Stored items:
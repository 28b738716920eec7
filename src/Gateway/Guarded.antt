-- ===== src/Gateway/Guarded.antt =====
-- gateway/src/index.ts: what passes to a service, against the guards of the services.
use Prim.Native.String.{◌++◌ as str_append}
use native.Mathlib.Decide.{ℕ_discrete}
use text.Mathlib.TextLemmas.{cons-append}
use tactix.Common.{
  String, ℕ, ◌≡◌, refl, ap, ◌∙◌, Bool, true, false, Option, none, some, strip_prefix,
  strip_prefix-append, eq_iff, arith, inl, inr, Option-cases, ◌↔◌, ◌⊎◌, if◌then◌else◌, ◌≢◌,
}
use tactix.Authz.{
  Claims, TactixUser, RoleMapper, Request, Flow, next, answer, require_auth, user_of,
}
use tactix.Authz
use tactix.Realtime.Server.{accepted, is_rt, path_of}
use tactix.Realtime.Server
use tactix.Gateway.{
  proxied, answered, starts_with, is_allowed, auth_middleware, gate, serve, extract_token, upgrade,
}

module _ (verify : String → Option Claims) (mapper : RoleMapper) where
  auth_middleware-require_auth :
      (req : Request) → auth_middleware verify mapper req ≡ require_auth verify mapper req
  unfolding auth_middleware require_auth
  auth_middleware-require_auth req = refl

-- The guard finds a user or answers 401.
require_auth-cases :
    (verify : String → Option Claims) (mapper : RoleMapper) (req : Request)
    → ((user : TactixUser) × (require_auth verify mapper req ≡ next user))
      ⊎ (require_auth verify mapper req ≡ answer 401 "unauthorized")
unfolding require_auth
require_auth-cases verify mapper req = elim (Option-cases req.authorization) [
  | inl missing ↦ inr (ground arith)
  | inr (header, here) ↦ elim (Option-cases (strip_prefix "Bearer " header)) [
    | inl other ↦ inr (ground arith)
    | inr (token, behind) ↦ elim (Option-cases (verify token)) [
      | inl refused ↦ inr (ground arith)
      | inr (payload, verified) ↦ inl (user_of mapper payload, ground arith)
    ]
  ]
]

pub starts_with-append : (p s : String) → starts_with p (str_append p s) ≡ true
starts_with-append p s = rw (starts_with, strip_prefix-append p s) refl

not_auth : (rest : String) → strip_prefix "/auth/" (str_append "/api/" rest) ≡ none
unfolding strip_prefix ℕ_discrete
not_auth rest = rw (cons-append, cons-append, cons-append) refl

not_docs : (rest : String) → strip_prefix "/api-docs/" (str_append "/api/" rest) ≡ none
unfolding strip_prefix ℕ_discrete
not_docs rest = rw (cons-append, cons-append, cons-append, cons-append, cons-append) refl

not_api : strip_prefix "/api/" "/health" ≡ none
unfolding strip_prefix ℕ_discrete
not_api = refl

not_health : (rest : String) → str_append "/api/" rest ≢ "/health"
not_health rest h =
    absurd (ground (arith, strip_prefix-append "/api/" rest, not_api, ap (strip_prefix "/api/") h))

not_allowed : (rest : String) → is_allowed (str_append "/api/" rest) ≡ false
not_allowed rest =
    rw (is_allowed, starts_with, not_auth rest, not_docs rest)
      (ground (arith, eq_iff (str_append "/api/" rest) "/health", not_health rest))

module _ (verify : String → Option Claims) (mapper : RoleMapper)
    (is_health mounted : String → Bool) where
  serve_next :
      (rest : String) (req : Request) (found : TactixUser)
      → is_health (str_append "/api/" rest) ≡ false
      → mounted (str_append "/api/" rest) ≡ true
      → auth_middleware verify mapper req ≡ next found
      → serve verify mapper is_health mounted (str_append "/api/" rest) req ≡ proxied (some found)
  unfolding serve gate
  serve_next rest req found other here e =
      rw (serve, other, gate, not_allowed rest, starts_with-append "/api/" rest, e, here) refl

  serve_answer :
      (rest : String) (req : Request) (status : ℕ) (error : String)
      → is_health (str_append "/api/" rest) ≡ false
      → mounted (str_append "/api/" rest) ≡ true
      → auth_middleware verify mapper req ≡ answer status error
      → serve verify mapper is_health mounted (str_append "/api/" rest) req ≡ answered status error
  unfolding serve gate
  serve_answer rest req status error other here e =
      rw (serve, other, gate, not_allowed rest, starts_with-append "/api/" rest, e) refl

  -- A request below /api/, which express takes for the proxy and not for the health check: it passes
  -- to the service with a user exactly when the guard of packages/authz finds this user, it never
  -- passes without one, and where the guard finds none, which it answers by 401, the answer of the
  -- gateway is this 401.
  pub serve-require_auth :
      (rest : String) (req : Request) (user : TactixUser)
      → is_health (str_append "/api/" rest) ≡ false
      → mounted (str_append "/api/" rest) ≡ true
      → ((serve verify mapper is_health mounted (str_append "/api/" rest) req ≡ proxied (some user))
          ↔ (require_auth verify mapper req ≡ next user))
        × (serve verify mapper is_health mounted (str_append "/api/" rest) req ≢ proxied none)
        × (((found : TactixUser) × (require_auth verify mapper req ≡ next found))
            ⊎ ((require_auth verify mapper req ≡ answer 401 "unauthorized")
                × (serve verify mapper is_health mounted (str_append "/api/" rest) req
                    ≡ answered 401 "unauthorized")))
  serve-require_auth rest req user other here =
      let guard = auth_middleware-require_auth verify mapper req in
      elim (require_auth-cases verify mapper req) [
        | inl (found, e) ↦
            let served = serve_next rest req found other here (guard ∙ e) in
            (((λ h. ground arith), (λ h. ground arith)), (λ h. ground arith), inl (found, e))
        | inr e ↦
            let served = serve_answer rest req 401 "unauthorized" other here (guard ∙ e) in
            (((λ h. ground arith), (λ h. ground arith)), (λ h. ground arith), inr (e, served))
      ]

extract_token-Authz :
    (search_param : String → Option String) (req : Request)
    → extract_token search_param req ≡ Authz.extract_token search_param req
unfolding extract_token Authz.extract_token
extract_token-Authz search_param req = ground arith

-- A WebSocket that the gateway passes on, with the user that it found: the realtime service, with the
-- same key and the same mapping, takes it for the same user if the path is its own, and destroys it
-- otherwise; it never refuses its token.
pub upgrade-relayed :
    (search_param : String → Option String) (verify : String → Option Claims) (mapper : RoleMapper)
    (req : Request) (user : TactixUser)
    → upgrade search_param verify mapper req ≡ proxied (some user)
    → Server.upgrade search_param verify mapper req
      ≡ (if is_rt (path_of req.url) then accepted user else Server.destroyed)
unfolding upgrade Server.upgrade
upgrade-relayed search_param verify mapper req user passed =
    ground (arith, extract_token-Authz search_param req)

#### What the task asks
All lines above between those holding "-- ===== src/Gateway/Guarded.antt" and "(verify : String → Option Claims) (mapper : RoleMapper) (req", inclusive, must be set down unchanged, and no other line may be included.

#### Solution to this problem
-- ===== src/Gateway/Guarded.antt =====
-- gateway/src/index.ts: what passes to a service, against the guards of the services.
use Prim.Native.String.{◌++◌ as str_append}
use native.Mathlib.Decide.{ℕ_discrete}
use text.Mathlib.TextLemmas.{cons-append}
use tactix.Common.{
  String, ℕ, ◌≡◌, refl, ap, ◌∙◌, Bool, true, false, Option, none, some, strip_prefix,
  strip_prefix-append, eq_iff, arith, inl, inr, Option-cases, ◌↔◌, ◌⊎◌, if◌then◌else◌, ◌≢◌,
}
use tactix.Authz.{
  Claims, TactixUser, RoleMapper, Request, Flow, next, answer, require_auth, user_of,
}
use tactix.Authz
use tactix.Realtime.Server.{accepted, is_rt, path_of}
use tactix.Realtime.Server
use tactix.Gateway.{
  proxied, answered, starts_with, is_allowed, auth_middleware, gate, serve, extract_token, upgrade,
}

module _ (verify : String → Option Claims) (mapper : RoleMapper) where
  auth_middleware-require_auth :
      (req : Request) → auth_middleware verify mapper req ≡ require_auth verify mapper req
  unfolding auth_middleware require_auth
  auth_middleware-require_auth req = refl

-- The guard finds a user or answers 401.
require_auth-cases :
    (verify : String → Option Claims) (mapper : RoleMapper) (req : Request)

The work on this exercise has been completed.